6/11 Idaho Magazine Features - "The Demons of Boulder Lake" (non-fiction)

Daniel Claar - Idaho's Premier Backcountry Writer

Winner - Idaho Magazine Publisher's Choice Award 2010
"The Proper Filter"
http://idahomagazine.com/previous_winners_details.asp?ID=84

Winner - Idaho Magazine Judge's Choice Award 2011
"Where the River Leads"
http://idahomagazine.com/previous_winners_details.asp?ID=98

"Hot Spring Break "
http://www.idahohotsprings.com/education/hot-spring-break.htm

"Stampede! "
http://www.backpacker.com/january-2010-reader-essays-stampede/destinations/13661

"Seeing Things"
Winner - Idaho Magazine Second Place 2011
http://idahomagazine.com/previous_winners_details.asp?ID=101

Monday, March 15, 2010

What We Pretend To Be

          Darion barely catches his breath before the band segues into their final performance of the night.

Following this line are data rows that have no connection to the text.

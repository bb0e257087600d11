-- ===== src/Input/Packet.antt =====
-- The input messages that src/input.cpp reads. Their layouts and the numbers behind their kinds come from
-- moonlight-common-c: a message is a constructor for its magic, with the fields that the program
-- reads, after the byte swaps. A `netfloat` is its 32 bits.
use midnight_sun.Prelude.{ℕ, Bool, List}
use midnight_sun.Prelude.Int.{ℤ}

-- The constants of moonlight-common-c that the code compares with.
pub record Limelight : Type 0 where
  pub touch_event_hover : ℕ
  pub touch_event_move : ℕ
  pub button_left : ℕ
  pub button_right : ℕ

-- A set of the modifiers control, alt and shift: the bits MODIFIER_CTRL, MODIFIER_ALT and MODIFIER_SHIFT of a
-- packet, or the bits CTRL, ALT and SHIFT of `shortcutFlags`.
pub record Modifiers : Type 0 where
  pub ctrl : Bool
  pub alt : Bool
  pub shift : Bool

pub record RelMouseMove : Type 0 where
  pub delta_x : ℤ
  pub delta_y : ℤ

pub record AbsMouseMove : Type 0 where
  pub x : ℤ
  pub y : ℤ
  pub width : ℤ
  pub height : ℤ

-- The two magics of a button packet are `release`.
pub record MouseButton : Type 0 where
  pub release : Bool
  pub button : ℕ

pub record Scroll : Type 0 where
  pub scroll_amt1 : ℤ
  pub scroll_amt2 : ℤ

pub record HScroll : Type 0 where
  pub scroll_amount : ℤ

-- The two magics of a keyboard packet are `release`.
pub record Keyboard : Type 0 where
  pub release : Bool
  pub key_code : ℕ
  pub modifiers : Modifiers
  pub flags : ℕ

pub record MultiController : Type 0 where
  pub controller_number : ℤ
  pub active_gamepad_mask : ℕ
  pub button_flags : ℕ
  pub button_flags2 : ℕ
  pub left_trigger : ℕ
  pub right_trigger : ℕ
  pub left_stick_x : ℤ
  pub left_stick_y : ℤ
  pub right_stick_x : ℤ
  pub right_stick_y : ℤ

pub record Touch : Type 0 where
  pub event_type : ℕ
  pub rotation : ℕ
  pub pointer_id : ℕ
  pub x : ℕ
  pub y : ℕ
  pub pressure_or_distance : ℕ
  pub contact_area_major : ℕ
  pub contact_area_minor : ℕ

pub record Pen : Type 0 where
  pub event_type : ℕ
  pub tool_type : ℕ
  pub pen_buttons : ℕ
  pub x : ℕ
  pub y : ℕ
  pub pressure_or_distance : ℕ
  pub rotation : ℕ
  pub tilt : ℕ
  pub contact_area_major : ℕ
  pub contact_area_minor : ℕ

pub record ControllerArrival : Type 0 where
  pub controller_number : ℕ
  pub kind : ℕ
  pub capabilities : ℕ
  pub supported_button_flags : ℕ

pub record ControllerTouch : Type 0 where
  pub controller_number : ℕ
  pub event_type : ℕ
  pub pointer_id : ℕ
  pub x : ℕ
  pub y : ℕ
  pub pressure : ℕ

pub record ControllerMotion : Type 0 where
  pub controller_number : ℕ
  pub motion_type : ℕ
  pub x : ℕ
  pub y : ℕ
  pub z : ℕ

pub record ControllerBattery : Type 0 where
  pub controller_number : ℕ
  pub battery_state : ℕ
  pub battery_percentage : ℕ

pub data Packet : Type 0 where
  rel_mouse_move : RelMouseMove → Packet
  abs_mouse_move : AbsMouseMove → Packet
  mouse_button : MouseButton → Packet
  scroll : Scroll → Packet
  hscroll : HScroll → Packet
  keyboard : Keyboard → Packet
  utf8_text : List ℕ → Packet
  multi_controller : MultiController → Packet
  touch : Touch → Packet
  pen : Pen → Packet
  controller_arrival : ControllerArrival → Packet
  controller_touch : ControllerTouch → Packet
  controller_motion : ControllerMotion → Packet
  controller_battery : ControllerBattery → Packet
  unknown : ℕ → Packet  -- any other magic
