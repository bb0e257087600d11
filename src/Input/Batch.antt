-- ===== src/Input/Batch.antt =====
-- The `batch` functions of src/input.cpp and the loop of `passthrough_next_message` that folds later
-- messages of the queue into the one that is about to be sent.
pub mod Overflow
pub mod Keeps
pub mod Latest
pub mod Buttons
use midnight_sun.Prelude.{
  ℕ, Bool, true, false, ◌||◌, ◌&&◌, not, List, [], ◌∷◌, ◌==◌, if◌then◌else◌, Option, none, some,
}
use midnight_sun.Prelude.Int.{ℤ, eqb_ℤ, add_overflow16}
use midnight_sun.Input.Packet.{
  Limelight, RelMouseMove, AbsMouseMove, Scroll, HScroll, MultiController, Touch, Pen,
  ControllerTouch, ControllerMotion, Packet, rel_mouse_move, abs_mouse_move, scroll, hscroll,
  multi_controller, touch, pen, controller_touch, controller_motion,
}

-- `batch_result_e`; `batched` carries what `*dest` has become.
pub data BatchResult (A : Type 0) : Type 0 where
  batched : A → BatchResult A
  not_batchable : BatchResult A
  terminate_batch : BatchResult A

abbrev pub map_result : {A B : Type 0} → (A → B) → BatchResult A → BatchResult B
map_result f (batched a) = batched (f a)
map_result f not_batchable = not_batchable
map_result f terminate_batch = terminate_batch

unfoldable pub batch_rel_mouse_move : RelMouseMove → RelMouseMove → BatchResult RelMouseMove
batch_rel_mouse_move dest src =
    let (x_over, delta_x) = add_overflow16 dest.delta_x src.delta_x in
    let (y_over, delta_y) = add_overflow16 dest.delta_y src.delta_y in
    if not x_over
    then terminate_batch
    else if not y_over
    then terminate_batch
    else batched (record dest { delta_x = delta_x; delta_y = delta_y })

unfoldable pub batch_abs_mouse_move : AbsMouseMove → AbsMouseMove → BatchResult AbsMouseMove
batch_abs_mouse_move dest src =
    if not (eqb_ℤ dest.width src.width) || not (eqb_ℤ dest.height src.height)
    then terminate_batch
    else batched src

unfoldable pub batch_scroll : Scroll → Scroll → BatchResult Scroll
batch_scroll dest src =
    let (over, amt) = add_overflow16 dest.scroll_amt1 src.scroll_amt1 in
    if not over
    then terminate_batch
    else batched (record dest { scroll_amt1 = amt; scroll_amt2 = amt })

unfoldable pub batch_hscroll : HScroll → HScroll → BatchResult HScroll
batch_hscroll dest src =
    let (over, amt) = add_overflow16 dest.scroll_amount src.scroll_amount in
    if not over then terminate_batch else batched (record dest { scroll_amount = amt })

unfoldable pub batch_multi_controller :
    MultiController → MultiController → BatchResult MultiController
batch_multi_controller dest src =
    if not (dest.active_gamepad_mask == src.active_gamepad_mask)
    then terminate_batch
    else if not (eqb_ℤ dest.controller_number src.controller_number)
    then not_batchable
    else if not (dest.button_flags == src.button_flags)
        || not (dest.button_flags2 == src.button_flags2)
    then terminate_batch
    else batched src

module _ (li : Limelight) where
  -- LI_TOUCH_EVENT_MOVE or LI_TOUCH_EVENT_HOVER
  abbrev pub move_or_hover : ℕ → Bool
  move_or_hover e = e == li.touch_event_move || e == li.touch_event_hover

  unfoldable pub batch_touch : Touch → Touch → BatchResult Touch
  batch_touch dest src =
      if not (move_or_hover dest.event_type)
      then terminate_batch
      else if not (move_or_hover src.event_type)
      then terminate_batch
      else if not (dest.pointer_id == src.pointer_id)
      then not_batchable
      else if not (dest.event_type == src.event_type)
      then terminate_batch
      else batched src

  unfoldable pub batch_pen : Pen → Pen → BatchResult Pen
  batch_pen dest src =
      if not (move_or_hover dest.event_type)
      then terminate_batch
      else if not (dest.event_type == src.event_type)
      then terminate_batch
      else if not (dest.pen_buttons == src.pen_buttons)
      then terminate_batch
      else if not (dest.tool_type == src.tool_type)
      then terminate_batch
      else batched src

  unfoldable pub batch_controller_touch :
      ControllerTouch → ControllerTouch → BatchResult ControllerTouch
  batch_controller_touch dest src =
      if not (move_or_hover dest.event_type)
      then terminate_batch
      else if not (dest.controller_number == src.controller_number)
      then not_batchable
      else if not (move_or_hover src.event_type)
      then terminate_batch
      else if not (dest.pointer_id == src.pointer_id)
      then not_batchable
      else if not (dest.event_type == src.event_type)
      then terminate_batch
      else batched src

  unfoldable pub batch_controller_motion :
      ControllerMotion → ControllerMotion → BatchResult ControllerMotion
  batch_controller_motion dest src =
      if not (dest.controller_number == src.controller_number)
      then not_batchable
      else if not (dest.motion_type == src.motion_type)
      then not_batchable
      else batched src

  -- Packets of two kinds, and of a kind that has no `batch`, end the batch.
  unfoldable pub batch : Packet → Packet → BatchResult Packet
  unfolding batch_rel_mouse_move batch_abs_mouse_move batch_scroll batch_hscroll
      batch_multi_controller batch_touch batch_pen batch_controller_touch batch_controller_motion
  batch (rel_mouse_move dest) (rel_mouse_move src) =
      map_result rel_mouse_move (batch_rel_mouse_move dest src)
  batch (abs_mouse_move dest) (abs_mouse_move src) =
      map_result abs_mouse_move (batch_abs_mouse_move dest src)
  batch (scroll dest) (scroll src) = map_result scroll (batch_scroll dest src)
  batch (hscroll dest) (hscroll src) = map_result hscroll (batch_hscroll dest src)
  batch (multi_controller dest) (multi_controller src) =
      map_result multi_controller (batch_multi_controller dest src)
  batch (touch dest) (touch src) = map_result touch (batch_touch dest src)
  batch (pen dest) (pen src) = map_result pen (batch_pen dest src)
  batch (controller_touch dest) (controller_touch src) =
      map_result controller_touch (batch_controller_touch dest src)
  batch (controller_motion dest) (controller_motion src) =
      map_result controller_motion (batch_controller_motion dest src)
  batch _ _ = terminate_batch

  -- The loop over the rest of the queue: the message to send, and what stays queued.
  unfoldable pub batch_queue : Packet → List Packet → Packet × List Packet
  batch_queue payload [] = (payload, [])
  batch_queue payload (entry ∷ queue) = elim (batch payload entry) [
    | batched merged ↦ batch_queue merged queue
    | not_batchable ↦ let (sent, kept) = batch_queue payload queue in (sent, entry ∷ kept)
    | terminate_batch ↦ (payload, entry ∷ queue)
  ]

  -- The part of `passthrough_next_message` under the lock.
  unfoldable pub next_message : List Packet → Option (Packet × List Packet)
  unfolding batch_queue
  next_message [] = none
  next_message (entry ∷ queue) = some (batch_queue entry queue)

The nightclub’s pulsing rainbow of stage lights beat down on the four men like a July sun. Shirtless and sweaty, the singer howls into the microphone as the song’s introduction reaches a climax of heavy riffing and rapid-fire drumming. The crowded floor becomes a seething pool of bouncing heads and raised fists. A wolf-like grin erupts across the face of the maniacal singer. Darion drags one hand over his shaved scalp and wipes the drenched fingers on his camouflage shorts as he screams the opening lines.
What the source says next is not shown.